23. The apparatus according to claim 16, wherein the processor operates in a low-power standby mode while not interacting with a user.

24. The apparatus according to claim 16, further comprising at least one secondary lock, wherein the processor also causes an area unlock signal to be transmitted using the communication interface, and where the transmission of the area unlock signal causes any secondary lock receiving the area unlock signal to unlock, where the secondary lock may unlock a plurality of firearms.

25. The apparatus according to claim 24, further comprising a relay device which receives the area unlock signal from the trigger lock and transmits a relay signal in response to receiving the area unlock signal, wherein any secondary lock receiving the relay signal unlocks.

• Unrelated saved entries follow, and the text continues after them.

-- ===== src/Tfs/Shrinking.antt =====
-- fs/tablefs.cpp: Truncate of a file on the disk to a size within the threshold.
use tablefs.Base.{
  ℕ, ◌-◌, ◌<◌, ◌≤◌, ◌≡◌, refl, sym, ap, ◌∙◌, true, false, Option, none, some, List, [], ◌∷◌, ◌++◌,
  arith, nat_beq, ltb, if◌then◌else◌, length, take, length-take_of_le,
}
use mathlib.Core.Path.{subst}
use tablefs.Base.Int.{pos}
use tablefs.Key.{key_eq}
use tablefs.Value.{InodeValue, update_inline_data, update_inode_header}
use tablefs.Value.Data.{update_inline_data-IsLaidOut}
use tablefs.Value.Bytes.{update_ihandle_value-nil}
use tablefs.Adaptor
use tablefs.Adaptor.Table.{get-put}
use tablefs.Platform.{Platform, Ptr, DbLaws, gives}
use tablefs.Platform.Caching.{CacheLaws}
use tablefs.Platform.Files.{FileLaws}
use tablefs.Icache.{InodeCacheHandle, Mode, handle_at}
use tablefs.Icache.Heap.{IsReplaced-trans}
use tablefs.Icache.Sound.{IsSound, IsReplaced-IsSound}
use tablefs.Icache.Dropping.{DropLaws}
use tablefs.Icache.Durable.{write_back-IsStored}
use tablefs.Tfs.{TableFs, FileSystemState, data_dir, data_file}
use tablefs.Tfs.Disk.{set_disk, migrate_disk_file_to_buffer}
use tablefs.Tfs.Closing.{truncate_handle, truncate_blob, truncated_header}
use tablefs.Tfs.Inline.{IsInline, set_value_lem}
use tablefs.Tfs.Blob.{IsBlob}

module _ {P : Platform} (files : FileLaws P) where
  open P use {Disk, disk_open, disk_pread}

  -- The value that is stored.
  abbrev shrunk : ℕ → ℕ → List ℕ → InodeValue → InodeValue
  shrunk threshold new_size buffer v =
      let w = update_inline_data 0 buffer v in
      update_inode_header (truncated_header P threshold new_size w.header) w

  shrunk-IsInline :
      {threshold : ℕ} {disk : Disk} {name content : List ℕ} (new_size : ℕ) (v : InodeValue)
      → IsBlob files threshold disk v name content
      → new_size ≤ threshold
      → IsInline threshold
          (shrunk threshold new_size (take new_size content) v)
          name
          (take new_size content)
  unfolding update_inline_data update_inode_header truncated_header
  shrunk-IsInline {threshold} {disk} {name} {content} new_size v b small =
      let buffer = take new_size content in
      let long : length buffer ≡ new_size =
        length-take_of_le new_size content (omega (arith, b.large)) in
      let laid = update_inline_data-IsLaidOut b.laid 0 buffer in
      let changed : nat_beq new_size v.header.fstat.st_size ≡ false =
        ground (arith, b.sized, b.large, small) in
      let back : ltb threshold new_size ≡ false = ground (arith, small) in
      record {
        laid = record {
          bytes = laid.bytes ∙ ap (◌++◌ (name ++ 0 ∷ [])) (update_ihandle_value-nil buffer);
          named = ground (arith, changed, laid.named);
        };
        no_blob = ground (arith, changed, back);
        sized = ground (arith, changed, long);
        small = omega (arith, long, small);
      }

  module _ (laws : CacheLaws P) (drops : DropLaws laws) (db_laws : DbLaws P) where
    open laws use {held}
    open files use {file_content, is_open}

    -- Truncate of a file on the disk to a size within the threshold, on a held handle in mode
    -- WRITE of a sound inode cache, where open and pread succeed and the Put of the new value
    -- returns 0. Where the string of the value stays in its place: it returns 0 and leaves the cache
    -- sound with one reference fewer to the handle; the table then has a value under the key of the
    -- handle that keeps the name and holds the first new_size bytes of the data, with that size and
    -- no data on the disk. Where the string moves, the header is read from freed memory.
    pub truncate_handle-IsInline :
        {name content : List ℕ} (new_size : ℕ) (p : Ptr) (junk : Option ℕ) (s : TableFs P)
        (h : InodeCacheHandle P) (fd : ℕ) (k : Disk) (bytes : List ℕ)
        → IsSound laws s.inode_cache
        → 0 < held p s.inode_cache.cache
        → handle_at P p s.inode_cache ≡ some h
        → h.mode_ ≡ Mode.inode_write
        → IsBlob files s.state_.threshold_ s.state_.disk h.value_ name content
        → new_size ≤ s.state_.threshold_
        → disk_open
            (data_dir h.value_.header.fstat.st_ino)
            (data_file h.value_.header.fstat.st_ino)
            s.state_.disk
          ≡ (gives fd, k)
        → disk_pread fd new_size 0 k ≡ gives bytes
        → (Adaptor.put P s.inode_cache.clock h.key_
            (shrunk s.state_.threshold_ new_size (take new_size content) h.value_)
            s.inode_cache.metadb_).0
          ≡ true
        → (truncate_handle P new_size p junk true s ≡ none)
          × (t : TableFs P) × (v : InodeValue) × (truncate_handle P new_size p junk false s
              ≡ some (pos 0, t))
          × IsSound laws t.inode_cache
          × ((q : Ptr)
              → held q t.inode_cache.cache ≡ (
                  if nat_beq q p
                  then held q s.inode_cache.cache - 1
                  else held q s.inode_cache.cache))
          × (Adaptor.get P h.key_ t.inode_cache.metadb_ ≡ some v)
          × IsInline s.state_.threshold_ v name (take new_size content)
    unfolding truncate_handle truncate_blob migrate_disk_file_to_buffer
    truncate_handle-IsInline {name} {content} new_size p junk s h fd k bytes v more here mode b
          small opens reads ok =
        let buffer = take new_size content in
        let d = data_dir h.value_.header.fstat.st_ino in
        let f = data_file h.value_.header.fstat.st_ino in
        let (on, same_file) = files.open_opens d f fd s.state_.disk k opens in
        let same : bytes ≡ buffer =
          files.pread_reads fd d f new_size 0 bytes k on reads
          ∙ ap (take new_size) (same_file ∙ b.on_disk) in
        let long : length bytes ≡ new_size =
          ap length same ∙ length-take_of_le new_size content (omega (arith, b.large)) in
        let k' = Platform.disk_unlink P d f (Platform.disk_close P fd k).1 in
        let s1 = set_disk P k' s in
        let (s2, stored, same2, here2, set2) =
          set_value_lem p (update_inline_data 0 bytes) s1 h here in
        let h2 = record h { value_ = update_inline_data 0 bytes h.value_ } in
        let limit : s2.state_.threshold_ ≡ s.state_.threshold_ =
          ap (λ (o : FileSystemState P). o.threshold_) same2 in
        let change : InodeValue → InodeValue =
          λ w. update_inode_header (truncated_header P s2.state_.threshold_ new_size w.header) w in
        let (s3, headed, same3, here3, set3) = set_value_lem p change s2 h2 here2 in
        let h3 = record h2 { value_ = change h2.value_ } in
        let set = IsReplaced-trans p h2 h3 s.inode_cache s2.inode_cache s3.inode_cache set2 set3 in
        let sound =
          IsReplaced-IsSound laws p h h3 s.inode_cache s3.inode_cache v here refl refl set in
        let more3 : 0 < held p s3.inode_cache.cache =
          subst (λ (c : Platform.Cache P). 0 < held p c) (sym set.same_cache) more in
        let value_is : shrunk s.state_.threshold_ new_size buffer h.value_ ≡ h3.value_ = sym (
          ap (λ (n : ℕ). shrunk n new_size bytes h.value_) limit
          ∙ ap (λ (o : List ℕ). shrunk s.state_.threshold_ new_size o h.value_) same) in
        let ok3 : (Adaptor.put P s.inode_cache.clock h.key_ h3.value_ s.inode_cache.metadb_).0
            ≡ true =
          subst
            (λ (w : InodeValue).
              (Adaptor.put P s.inode_cache.clock h.key_ w s.inode_cache.metadb_).0 ≡ true)
            value_is ok in
        let (e, st) = write_back-IsStored laws drops p h3 s3.inode_cache sound more3 here3 mode in
        (
          ground (arith, here, b.blob, opens, reads, long, small, stored),
          record s3 { inode_cache = e },
          h3.value_,
          ground (
            arith, here, b.blob, opens, reads, long, small, stored, headed, st.writes, st.releases,
          ),
          st.sound,
          λ q.
              st.now_held q
              ∙ ap (λ (c : Platform.Cache P). if nat_beq q p then held q c - 1 else held q c)
                  set.same_cache,
          ap (Adaptor.get P h.key_) st.table
              ∙ ground (
                arith,
                get-put db_laws s3.inode_cache.metadb_ s3.inode_cache.clock h.key_ h.key_ h3.value_,
                ok3,
                set.same_clock,
                set.same_table,
                key_eq.beq_iff h.key_ h.key_,
              ),
          subst (λ n. IsInline s.state_.threshold_ (shrunk n new_size bytes h.value_) name buffer)
              (sym limit)
              (subst
                (λ o.
                  IsInline s.state_.threshold_ (shrunk s.state_.threshold_ new_size o h.value_) name
                    buffer)
                (sym same) (shrunk-IsInline new_size h.value_ b small)),
        )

26. The apparatus according to claim 25, wherein the relay device is a cellular telephone.

27. The apparatus according to claim 25, wherein the area unlock signal is an encrypted radio signal.

28. The apparatus according to claim 25, wherein provided that the token is located within the proximity and is valid, the user is only required to make a single contact with the trigger lock to unlock both the trigger lock, and any secondary lock receiving at least one of the area unlock signal and the relay signal.

29. The apparatus according to claim 25, wherein the at least one secondary lock includes a processor, and wherein the processor of the trigger lock and the processor of the at least one secondary lock both operate in a low-power standby mode white inactive; and while in the low-power standby mode, each of the processors wakes-up periodically to detect whether an area unlock signal has been transmitted.

30. The apparatus according to claim 29, wherein, during the periodic wake-up, each of the processors checks the remaining power of a battery disposed within a corresponding one of the trigger lock or the at least one secondary lock and if the remaining power is below a threshold, outputs a low battery signal.